**WHAT YOU ARE ASKED TO DO:** Please state how many lines of the data contain "antt". The number by itself is enough.

--- EXTRACTED MATERIAL ---

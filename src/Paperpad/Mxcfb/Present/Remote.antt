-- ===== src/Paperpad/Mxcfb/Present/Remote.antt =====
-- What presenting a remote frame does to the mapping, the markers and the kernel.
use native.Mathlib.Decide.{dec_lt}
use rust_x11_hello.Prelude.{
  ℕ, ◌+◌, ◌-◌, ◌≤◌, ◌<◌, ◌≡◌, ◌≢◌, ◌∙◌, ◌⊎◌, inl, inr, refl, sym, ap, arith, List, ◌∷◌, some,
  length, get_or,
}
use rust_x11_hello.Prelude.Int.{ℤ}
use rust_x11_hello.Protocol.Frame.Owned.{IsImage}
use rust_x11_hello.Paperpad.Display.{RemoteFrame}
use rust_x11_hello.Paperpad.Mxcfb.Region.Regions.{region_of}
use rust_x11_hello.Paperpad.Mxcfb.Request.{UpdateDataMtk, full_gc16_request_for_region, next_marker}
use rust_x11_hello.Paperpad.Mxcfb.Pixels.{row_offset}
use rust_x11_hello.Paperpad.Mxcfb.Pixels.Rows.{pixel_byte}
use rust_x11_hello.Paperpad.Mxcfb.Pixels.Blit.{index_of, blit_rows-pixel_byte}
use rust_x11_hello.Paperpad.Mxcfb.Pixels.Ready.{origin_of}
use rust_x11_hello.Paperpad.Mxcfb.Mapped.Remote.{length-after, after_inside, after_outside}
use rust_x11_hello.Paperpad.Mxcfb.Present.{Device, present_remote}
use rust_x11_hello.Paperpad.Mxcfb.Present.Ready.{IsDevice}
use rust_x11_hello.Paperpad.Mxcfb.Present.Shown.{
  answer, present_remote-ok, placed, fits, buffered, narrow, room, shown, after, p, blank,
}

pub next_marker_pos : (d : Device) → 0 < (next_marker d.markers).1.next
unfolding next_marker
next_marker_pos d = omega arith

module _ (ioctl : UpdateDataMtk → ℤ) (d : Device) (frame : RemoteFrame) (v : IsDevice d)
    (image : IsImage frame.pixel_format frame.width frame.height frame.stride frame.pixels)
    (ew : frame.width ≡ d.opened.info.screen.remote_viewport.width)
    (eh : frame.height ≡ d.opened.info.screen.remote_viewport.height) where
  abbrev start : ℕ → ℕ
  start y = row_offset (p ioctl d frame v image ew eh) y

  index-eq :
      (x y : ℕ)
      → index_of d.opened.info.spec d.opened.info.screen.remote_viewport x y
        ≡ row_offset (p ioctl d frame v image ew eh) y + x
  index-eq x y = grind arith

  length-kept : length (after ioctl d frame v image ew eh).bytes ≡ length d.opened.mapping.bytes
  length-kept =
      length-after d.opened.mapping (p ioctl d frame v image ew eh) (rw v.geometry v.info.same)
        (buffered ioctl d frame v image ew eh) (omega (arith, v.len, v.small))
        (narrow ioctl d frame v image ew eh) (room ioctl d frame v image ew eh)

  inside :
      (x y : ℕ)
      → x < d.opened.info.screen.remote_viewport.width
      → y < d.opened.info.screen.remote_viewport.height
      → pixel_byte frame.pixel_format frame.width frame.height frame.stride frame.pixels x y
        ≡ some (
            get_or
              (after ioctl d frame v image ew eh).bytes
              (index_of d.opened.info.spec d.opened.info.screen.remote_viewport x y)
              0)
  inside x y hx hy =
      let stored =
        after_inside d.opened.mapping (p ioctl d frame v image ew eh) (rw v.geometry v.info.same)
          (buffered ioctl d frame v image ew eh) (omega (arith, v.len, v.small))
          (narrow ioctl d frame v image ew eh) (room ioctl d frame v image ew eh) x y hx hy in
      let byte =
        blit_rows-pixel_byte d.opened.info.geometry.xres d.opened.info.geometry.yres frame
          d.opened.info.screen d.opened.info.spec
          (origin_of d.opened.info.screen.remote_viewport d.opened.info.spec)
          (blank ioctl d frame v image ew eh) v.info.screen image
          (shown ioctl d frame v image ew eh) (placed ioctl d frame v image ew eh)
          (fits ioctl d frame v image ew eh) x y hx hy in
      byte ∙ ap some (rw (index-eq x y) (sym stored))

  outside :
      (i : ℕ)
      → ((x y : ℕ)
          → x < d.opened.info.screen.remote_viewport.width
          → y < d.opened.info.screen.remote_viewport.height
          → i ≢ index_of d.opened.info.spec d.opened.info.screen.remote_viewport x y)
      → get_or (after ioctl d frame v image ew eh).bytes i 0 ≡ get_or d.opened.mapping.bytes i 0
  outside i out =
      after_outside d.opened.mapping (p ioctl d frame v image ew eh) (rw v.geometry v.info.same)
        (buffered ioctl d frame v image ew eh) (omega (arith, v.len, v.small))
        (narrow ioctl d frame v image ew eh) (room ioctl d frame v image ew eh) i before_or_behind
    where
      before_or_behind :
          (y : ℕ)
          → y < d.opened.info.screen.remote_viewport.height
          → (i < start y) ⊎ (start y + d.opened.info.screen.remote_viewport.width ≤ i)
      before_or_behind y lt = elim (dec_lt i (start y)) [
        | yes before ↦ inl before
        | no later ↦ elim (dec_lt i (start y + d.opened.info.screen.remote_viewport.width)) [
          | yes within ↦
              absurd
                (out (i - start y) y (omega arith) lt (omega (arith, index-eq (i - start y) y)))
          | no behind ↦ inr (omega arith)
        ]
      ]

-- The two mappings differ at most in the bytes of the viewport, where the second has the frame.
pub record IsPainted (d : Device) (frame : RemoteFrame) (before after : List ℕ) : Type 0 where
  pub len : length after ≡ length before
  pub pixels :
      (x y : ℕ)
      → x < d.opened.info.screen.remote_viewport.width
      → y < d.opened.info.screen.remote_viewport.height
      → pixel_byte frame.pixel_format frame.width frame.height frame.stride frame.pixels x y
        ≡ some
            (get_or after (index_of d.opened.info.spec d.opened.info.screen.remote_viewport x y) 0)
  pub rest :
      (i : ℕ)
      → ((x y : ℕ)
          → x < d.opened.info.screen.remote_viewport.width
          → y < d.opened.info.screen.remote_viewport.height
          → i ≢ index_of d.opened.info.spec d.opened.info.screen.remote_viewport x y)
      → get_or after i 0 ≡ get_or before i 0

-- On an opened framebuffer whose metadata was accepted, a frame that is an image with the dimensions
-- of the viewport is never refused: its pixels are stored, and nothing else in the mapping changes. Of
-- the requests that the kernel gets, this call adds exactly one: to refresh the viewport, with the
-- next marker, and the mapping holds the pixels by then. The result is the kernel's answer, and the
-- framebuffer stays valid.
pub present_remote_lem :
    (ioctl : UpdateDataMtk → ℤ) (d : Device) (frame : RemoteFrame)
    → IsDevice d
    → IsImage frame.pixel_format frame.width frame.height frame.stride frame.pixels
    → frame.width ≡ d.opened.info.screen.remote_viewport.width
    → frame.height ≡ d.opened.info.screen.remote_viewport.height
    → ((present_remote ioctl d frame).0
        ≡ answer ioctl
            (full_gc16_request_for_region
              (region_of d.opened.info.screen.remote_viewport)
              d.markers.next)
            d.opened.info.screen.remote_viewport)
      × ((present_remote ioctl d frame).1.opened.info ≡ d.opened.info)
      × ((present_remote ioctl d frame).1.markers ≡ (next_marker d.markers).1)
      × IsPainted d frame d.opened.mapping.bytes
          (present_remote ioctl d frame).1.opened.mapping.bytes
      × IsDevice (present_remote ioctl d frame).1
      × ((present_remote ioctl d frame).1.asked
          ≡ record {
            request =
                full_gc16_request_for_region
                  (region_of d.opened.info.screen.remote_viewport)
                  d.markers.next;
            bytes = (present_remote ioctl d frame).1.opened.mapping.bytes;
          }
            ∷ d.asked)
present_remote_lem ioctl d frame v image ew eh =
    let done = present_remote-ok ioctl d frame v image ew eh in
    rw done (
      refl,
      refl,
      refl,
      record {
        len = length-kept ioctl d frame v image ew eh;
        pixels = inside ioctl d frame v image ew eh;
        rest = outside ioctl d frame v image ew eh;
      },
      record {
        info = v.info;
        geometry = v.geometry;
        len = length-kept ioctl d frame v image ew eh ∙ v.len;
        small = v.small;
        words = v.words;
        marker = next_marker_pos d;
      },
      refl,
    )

---

**ANSWER SECTION:** 2